» **Work instructions**
From the data underneath, reproduce exactly the stretch that begins at the line with "unfoldable pub first_number : Str → Option ℕ" and ends after the line with "else ok seen".

Records from a data source
·····

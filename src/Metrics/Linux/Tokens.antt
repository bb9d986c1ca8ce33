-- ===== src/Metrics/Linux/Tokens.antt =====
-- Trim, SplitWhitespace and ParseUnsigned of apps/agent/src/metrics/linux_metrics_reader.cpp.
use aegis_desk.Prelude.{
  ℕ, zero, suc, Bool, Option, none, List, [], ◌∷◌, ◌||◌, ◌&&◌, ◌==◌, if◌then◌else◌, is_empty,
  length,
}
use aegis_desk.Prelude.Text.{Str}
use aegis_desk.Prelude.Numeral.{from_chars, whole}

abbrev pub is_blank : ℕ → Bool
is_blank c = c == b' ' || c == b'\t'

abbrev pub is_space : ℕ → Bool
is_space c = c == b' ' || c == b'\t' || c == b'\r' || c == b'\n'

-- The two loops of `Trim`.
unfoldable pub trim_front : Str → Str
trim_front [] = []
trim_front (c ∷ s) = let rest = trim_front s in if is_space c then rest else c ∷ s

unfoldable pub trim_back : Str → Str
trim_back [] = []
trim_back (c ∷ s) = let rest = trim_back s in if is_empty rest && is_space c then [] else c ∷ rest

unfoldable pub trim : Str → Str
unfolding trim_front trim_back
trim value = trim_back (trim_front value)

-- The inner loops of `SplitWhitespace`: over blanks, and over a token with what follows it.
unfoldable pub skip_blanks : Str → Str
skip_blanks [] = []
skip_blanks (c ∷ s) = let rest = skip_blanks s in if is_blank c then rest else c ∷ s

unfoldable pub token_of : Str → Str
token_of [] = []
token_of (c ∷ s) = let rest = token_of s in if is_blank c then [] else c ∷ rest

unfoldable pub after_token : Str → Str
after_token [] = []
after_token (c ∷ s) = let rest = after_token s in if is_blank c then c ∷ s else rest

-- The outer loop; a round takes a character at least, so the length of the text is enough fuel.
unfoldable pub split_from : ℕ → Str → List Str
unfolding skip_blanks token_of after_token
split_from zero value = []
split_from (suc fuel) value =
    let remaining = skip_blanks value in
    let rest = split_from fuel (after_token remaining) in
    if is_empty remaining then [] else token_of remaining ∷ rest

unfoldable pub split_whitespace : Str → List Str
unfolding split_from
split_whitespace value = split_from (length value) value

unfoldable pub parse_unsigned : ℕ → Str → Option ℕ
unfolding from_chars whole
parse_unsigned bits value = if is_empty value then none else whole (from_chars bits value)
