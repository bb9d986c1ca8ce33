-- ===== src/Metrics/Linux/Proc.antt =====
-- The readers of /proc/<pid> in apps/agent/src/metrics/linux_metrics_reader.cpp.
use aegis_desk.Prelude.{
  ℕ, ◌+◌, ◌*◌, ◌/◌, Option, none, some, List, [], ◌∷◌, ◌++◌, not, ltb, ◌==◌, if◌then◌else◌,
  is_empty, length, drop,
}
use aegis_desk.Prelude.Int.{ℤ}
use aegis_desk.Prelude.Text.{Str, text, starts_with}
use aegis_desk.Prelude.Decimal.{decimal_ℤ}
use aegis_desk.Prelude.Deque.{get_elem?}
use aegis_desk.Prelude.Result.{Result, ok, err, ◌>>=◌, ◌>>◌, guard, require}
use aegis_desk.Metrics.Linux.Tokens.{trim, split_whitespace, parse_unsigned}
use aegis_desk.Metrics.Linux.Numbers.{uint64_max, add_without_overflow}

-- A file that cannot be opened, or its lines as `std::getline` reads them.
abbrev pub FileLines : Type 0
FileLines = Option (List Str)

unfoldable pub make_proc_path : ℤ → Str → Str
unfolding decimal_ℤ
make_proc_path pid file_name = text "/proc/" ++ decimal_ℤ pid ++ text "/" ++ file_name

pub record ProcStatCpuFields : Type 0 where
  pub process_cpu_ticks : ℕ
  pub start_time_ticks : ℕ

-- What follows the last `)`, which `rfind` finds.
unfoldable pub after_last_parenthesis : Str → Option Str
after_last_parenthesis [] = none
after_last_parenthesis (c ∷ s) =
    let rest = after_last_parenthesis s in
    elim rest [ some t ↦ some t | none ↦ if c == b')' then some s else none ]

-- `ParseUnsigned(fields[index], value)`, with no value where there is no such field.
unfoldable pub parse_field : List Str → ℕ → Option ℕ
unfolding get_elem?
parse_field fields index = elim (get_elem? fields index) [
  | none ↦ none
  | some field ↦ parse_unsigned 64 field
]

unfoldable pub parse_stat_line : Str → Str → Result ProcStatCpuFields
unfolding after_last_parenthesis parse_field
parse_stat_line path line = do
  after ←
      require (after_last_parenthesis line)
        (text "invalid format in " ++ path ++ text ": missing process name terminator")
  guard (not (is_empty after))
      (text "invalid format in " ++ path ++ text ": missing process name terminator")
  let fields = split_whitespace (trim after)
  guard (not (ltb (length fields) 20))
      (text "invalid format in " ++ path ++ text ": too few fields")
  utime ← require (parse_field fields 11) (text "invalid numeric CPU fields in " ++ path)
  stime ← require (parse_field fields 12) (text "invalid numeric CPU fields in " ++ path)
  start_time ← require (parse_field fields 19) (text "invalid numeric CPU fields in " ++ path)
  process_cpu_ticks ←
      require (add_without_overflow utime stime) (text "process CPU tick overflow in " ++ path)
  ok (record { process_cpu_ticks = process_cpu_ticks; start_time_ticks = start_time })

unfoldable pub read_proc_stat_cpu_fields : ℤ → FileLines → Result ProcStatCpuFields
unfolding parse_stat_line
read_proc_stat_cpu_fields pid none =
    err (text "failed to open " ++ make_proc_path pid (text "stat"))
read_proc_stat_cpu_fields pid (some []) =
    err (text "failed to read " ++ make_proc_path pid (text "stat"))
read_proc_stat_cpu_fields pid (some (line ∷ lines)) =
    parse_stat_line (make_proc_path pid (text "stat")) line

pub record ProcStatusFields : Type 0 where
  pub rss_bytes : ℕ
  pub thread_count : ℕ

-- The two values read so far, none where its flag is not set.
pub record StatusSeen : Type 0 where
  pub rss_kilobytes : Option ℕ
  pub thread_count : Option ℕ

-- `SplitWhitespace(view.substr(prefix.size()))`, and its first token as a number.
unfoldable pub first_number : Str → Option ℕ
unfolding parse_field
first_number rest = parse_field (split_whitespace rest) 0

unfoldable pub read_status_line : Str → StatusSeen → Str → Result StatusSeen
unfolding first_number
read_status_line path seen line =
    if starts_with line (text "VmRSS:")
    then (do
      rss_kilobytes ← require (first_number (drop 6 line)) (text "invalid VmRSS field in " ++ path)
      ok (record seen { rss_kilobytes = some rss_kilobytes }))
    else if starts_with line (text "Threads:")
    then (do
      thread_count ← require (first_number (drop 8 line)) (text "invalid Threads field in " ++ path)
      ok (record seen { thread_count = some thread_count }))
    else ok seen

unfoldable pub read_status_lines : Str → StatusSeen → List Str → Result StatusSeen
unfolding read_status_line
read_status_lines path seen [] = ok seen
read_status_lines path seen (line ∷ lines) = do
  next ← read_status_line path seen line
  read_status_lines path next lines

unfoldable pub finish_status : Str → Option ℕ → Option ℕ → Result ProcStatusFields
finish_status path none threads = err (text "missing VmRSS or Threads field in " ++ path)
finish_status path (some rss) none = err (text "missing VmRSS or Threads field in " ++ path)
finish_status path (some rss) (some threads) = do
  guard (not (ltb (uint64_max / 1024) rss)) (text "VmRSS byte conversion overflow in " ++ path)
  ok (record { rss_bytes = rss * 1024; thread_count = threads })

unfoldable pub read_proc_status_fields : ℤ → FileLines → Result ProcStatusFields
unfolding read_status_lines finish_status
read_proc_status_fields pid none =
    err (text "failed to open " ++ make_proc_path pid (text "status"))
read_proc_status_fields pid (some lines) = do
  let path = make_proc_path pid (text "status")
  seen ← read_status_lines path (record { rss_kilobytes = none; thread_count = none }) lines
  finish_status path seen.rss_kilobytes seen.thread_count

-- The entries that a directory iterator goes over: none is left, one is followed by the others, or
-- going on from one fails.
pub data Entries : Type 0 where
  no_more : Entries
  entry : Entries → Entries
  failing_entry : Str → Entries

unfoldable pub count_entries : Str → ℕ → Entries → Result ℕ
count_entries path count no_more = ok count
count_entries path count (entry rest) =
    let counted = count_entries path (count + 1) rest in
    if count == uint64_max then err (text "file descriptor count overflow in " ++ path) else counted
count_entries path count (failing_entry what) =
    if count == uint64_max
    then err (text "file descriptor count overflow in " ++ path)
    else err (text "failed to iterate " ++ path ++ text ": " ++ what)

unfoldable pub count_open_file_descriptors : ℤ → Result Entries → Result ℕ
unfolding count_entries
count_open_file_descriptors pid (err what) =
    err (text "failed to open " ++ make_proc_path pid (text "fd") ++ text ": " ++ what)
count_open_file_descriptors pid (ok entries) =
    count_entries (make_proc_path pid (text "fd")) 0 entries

·····

» **Written answer**
unfoldable pub first_number : Str → Option ℕ
unfolding parse_field
first_number rest = parse_field (split_whitespace rest) 0

unfoldable pub read_status_line : Str → StatusSeen → Str → Result StatusSeen
unfolding first_number
read_status_line path seen line =
    if starts_with line (text "VmRSS:")
    then (do
      rss_kilobytes ← require (first_number (drop 6 line)) (text "invalid VmRSS field in " ++ path)
      ok (record seen { rss_kilobytes = some rss_kilobytes }))
    else if starts_with line (text "Threads:")
    then (do
      thread_count ← require (first_number (drop 8 line)) (text "invalid Threads field in " ++ path)
      ok (record seen { thread_count = some thread_count }))
    else ok seen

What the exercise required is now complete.